METHODS: All deceased CHC inpatient data were collected from the Beijing 302 Hospital clinical database, which includes more than 8250 CHC inpatients during the period from 2002 to 2012. The controls were matched to cases by age (± 2 years), sex and date of hospital admission (within the same year). Potential risk factors were included for the evaluation, and odds ratios (OR) and 95%CI were estimated using univariate (unadjusted) and multivariate (adjusted OR, AOR) conditional logistic regression. All statistical tests were two-sided. P values < 0.05 were considered statistically significant.
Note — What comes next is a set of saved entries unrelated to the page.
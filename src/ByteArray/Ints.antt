-- ===== src/ByteArray/Ints.antt =====
-- src/bytearray.cpp, the fixed-width numbers, and src/endian.h. `host` is the byte order of the
-- machine, TIGERKIN_BYTE_ORDER, which the build chooses. A number of k bytes lies in memory lowest
-- byte first on a little-endian host, and highest first otherwise. A float is given by its bits.
use tigerkin.Prelude.{ℕ, List, [], ◌∷◌, reverse, ◌==◌, if◌then◌else◌}
use tigerkin.Prelude.Bytes.{to_bytes, of_bytes, ℤ, to_word, of_word}
use tigerkin.ByteArray.{ByteArray, returns, Action, ◌>>=◌, little_endian, big_endian, write, read}

-- bswap_16, bswap_32 and bswap_64, by the number of bytes.
unfoldable pub byteswap : ℕ → ℕ → ℕ
byteswap k v = of_bytes (reverse (to_bytes k v))

unfoldable pub byteswap_on_little_endian : ℕ → ℕ → ℕ → ℕ
unfolding byteswap
byteswap_on_little_endian host k v = if host == little_endian then byteswap k v else v

unfoldable pub byteswap_on_big_endian : ℕ → ℕ → ℕ → ℕ
unfolding byteswap
byteswap_on_big_endian host k v = if host == little_endian then v else byteswap k v

module _ (host : ℕ) where
  -- The bytes of a number where it lies in memory, and the number that lies in some bytes.
  unfoldable pub image : ℕ → ℕ → List ℕ
  image k v = if host == big_endian then reverse (to_bytes k v) else to_bytes k v

  unfoldable pub value : List ℕ → ℕ
  value bs = if host == big_endian then of_bytes (reverse bs) else of_bytes bs

  -- `if (m_endian != TIGERKIN_BYTE_ORDER) value = byteswap(value)`
  unfoldable pub ordered : ℕ → ℕ → ByteArray → ℕ
  unfolding byteswap
  ordered k v b = if b.endian == host then v else byteswap k v

  unfoldable pub write_uint : ℕ → ℕ → Action (Unit {0})
  unfolding image ordered
  write_uint k v b = write (image k (ordered k v b)) b

  unfoldable pub read_uint : ℕ → Action ℕ
  unfolding value ordered
  read_uint k = do bs ← read k; λ b. returns (ordered k (value bs) b) b

  unfoldable pub write_uint8 : ℕ → Action (Unit {0})
  write_uint8 v = write (v ∷ [])

  unfoldable pub write_uint16 : ℕ → Action (Unit {0})
  unfolding write_uint
  write_uint16 v = write_uint 2 v

  unfoldable pub write_uint32 : ℕ → Action (Unit {0})
  unfolding write_uint
  write_uint32 v = write_uint 4 v

  unfoldable pub write_uint64 : ℕ → Action (Unit {0})
  unfolding write_uint
  write_uint64 v = write_uint 8 v

  unfoldable pub write_int8 : ℤ → Action (Unit {0})
  write_int8 z = write (to_word 8 z ∷ [])

  unfoldable pub write_int16 : ℤ → Action (Unit {0})
  unfolding write_uint
  write_int16 z = write_uint 2 (to_word 16 z)

  unfoldable pub write_int32 : ℤ → Action (Unit {0})
  unfolding write_uint
  write_int32 z = write_uint 4 (to_word 32 z)

  unfoldable pub write_int64 : ℤ → Action (Unit {0})
  unfolding write_uint
  write_int64 z = write_uint 8 (to_word 64 z)

  unfoldable pub write_float : ℕ → Action (Unit {0})
  unfolding write_uint32
  write_float bits = write_uint32 bits

  unfoldable pub write_double : ℕ → Action (Unit {0})
  unfolding write_uint64
  write_double bits = write_uint64 bits

  unfoldable pub read_uint8 : Action ℕ
  unfolding value
  read_uint8 = do bs ← read 1; returns (value bs)

  unfoldable pub read_uint16 : Action ℕ
  unfolding read_uint
  read_uint16 = read_uint 2

  unfoldable pub read_uint32 : Action ℕ
  unfolding read_uint
  read_uint32 = read_uint 4

  unfoldable pub read_uint64 : Action ℕ
  unfolding read_uint
  read_uint64 = read_uint 8

  unfoldable pub read_int8 : Action ℤ
  unfolding value
  read_int8 = do bs ← read 1; returns (of_word 8 (value bs))

  unfoldable pub read_int16 : Action ℤ
  unfolding read_uint
  read_int16 = do v ← read_uint 2; returns (of_word 16 v)

  unfoldable pub read_int32 : Action ℤ
  unfolding read_uint
  read_int32 = do v ← read_uint 4; returns (of_word 32 v)

  unfoldable pub read_int64 : Action ℤ
  unfolding read_uint
  read_int64 = do v ← read_uint 8; returns (of_word 64 v)

  unfoldable pub read_float : Action ℕ
  unfolding read_uint32
  read_float = read_uint32

  unfoldable pub read_double : Action ℕ
  unfolding read_uint64
  read_double = read_uint64
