-- ===== src/ByteArray/Strings.antt =====
-- src/bytearray.cpp, the strings with a length before them. A string is a list of bytes.
-- `writeStringVint` and `readStringVint` store the length in eight bytes, as the 64-bit forms do.
use tigerkin.Prelude.{ℕ, ◌%◌, ◌^◌, List, length}
use tigerkin.ByteArray.{Action, ◌>>=◌, ◌>>◌, write, read}
use tigerkin.ByteArray.Ints.{
  write_uint16, write_uint32, write_uint64, read_uint16, read_uint32, read_uint64,
}

unfoldable pub write_string : List ℕ → Action (Unit {0})
write_string str = write str

module _ (host : ℕ) where
  -- The length is cut to the width of the prefix.
  unfoldable pub write_string16 : List ℕ → Action (Unit {0})
  write_string16 str = write_uint16 host (length str % 2 ^ 16) >> write str

  unfoldable pub write_string32 : List ℕ → Action (Unit {0})
  write_string32 str = write_uint32 host (length str % 2 ^ 32) >> write str

  unfoldable pub write_string64 : List ℕ → Action (Unit {0})
  write_string64 str = write_uint64 host (length str % 2 ^ 64) >> write str

  unfoldable pub write_string_vint : List ℕ → Action (Unit {0})
  write_string_vint str = write_uint64 host (length str % 2 ^ 64) >> write str

  unfoldable pub read_string16 : Action (List ℕ)
  read_string16 = do len ← read_uint16 host; read len

  unfoldable pub read_string32 : Action (List ℕ)
  read_string32 = do len ← read_uint32 host; read len

  unfoldable pub read_string64 : Action (List ℕ)
  read_string64 = do len ← read_uint64 host; read len

  unfoldable pub read_string_vint : Action (List ℕ)
  read_string_vint = do len ← read_uint64 host; read len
RESULTS: Based on examinations of 144 CHC-related deceased cases and 576 controls, we found that antiviral therapy with interferon-α was associated with a 47% decrease in the risk of hepatic mortality (AOR = 0.53, 95%CI: 0.28-0.99, P = 0.048). Additionally, the initial diagnostic stage of the disease (AOR = 2.89, 95%CI: 1.83-4.56 and P < 0.001 for liver cirrhosis/AOR = 8.82, 95%CI: 3.99-19.53 and P < 0.001 for HCC compared with CHC), diabetes (AOR = 2.35, 95%CI: 1.40-3.95, P = 0.001), hypertension (AOR = 1.76, 95%CI: 1.09-2.82, P = 0.020), alcohol consumption (AOR = 1.73, 95%CI: 1.03-2.81, P = 0.037) and HBsAg positivity (AOR = 22.28, 95%CI: 5.58-89.07, P < 0.001) were associated with a significant increase in the risk of liver-related mortality in CHC patients.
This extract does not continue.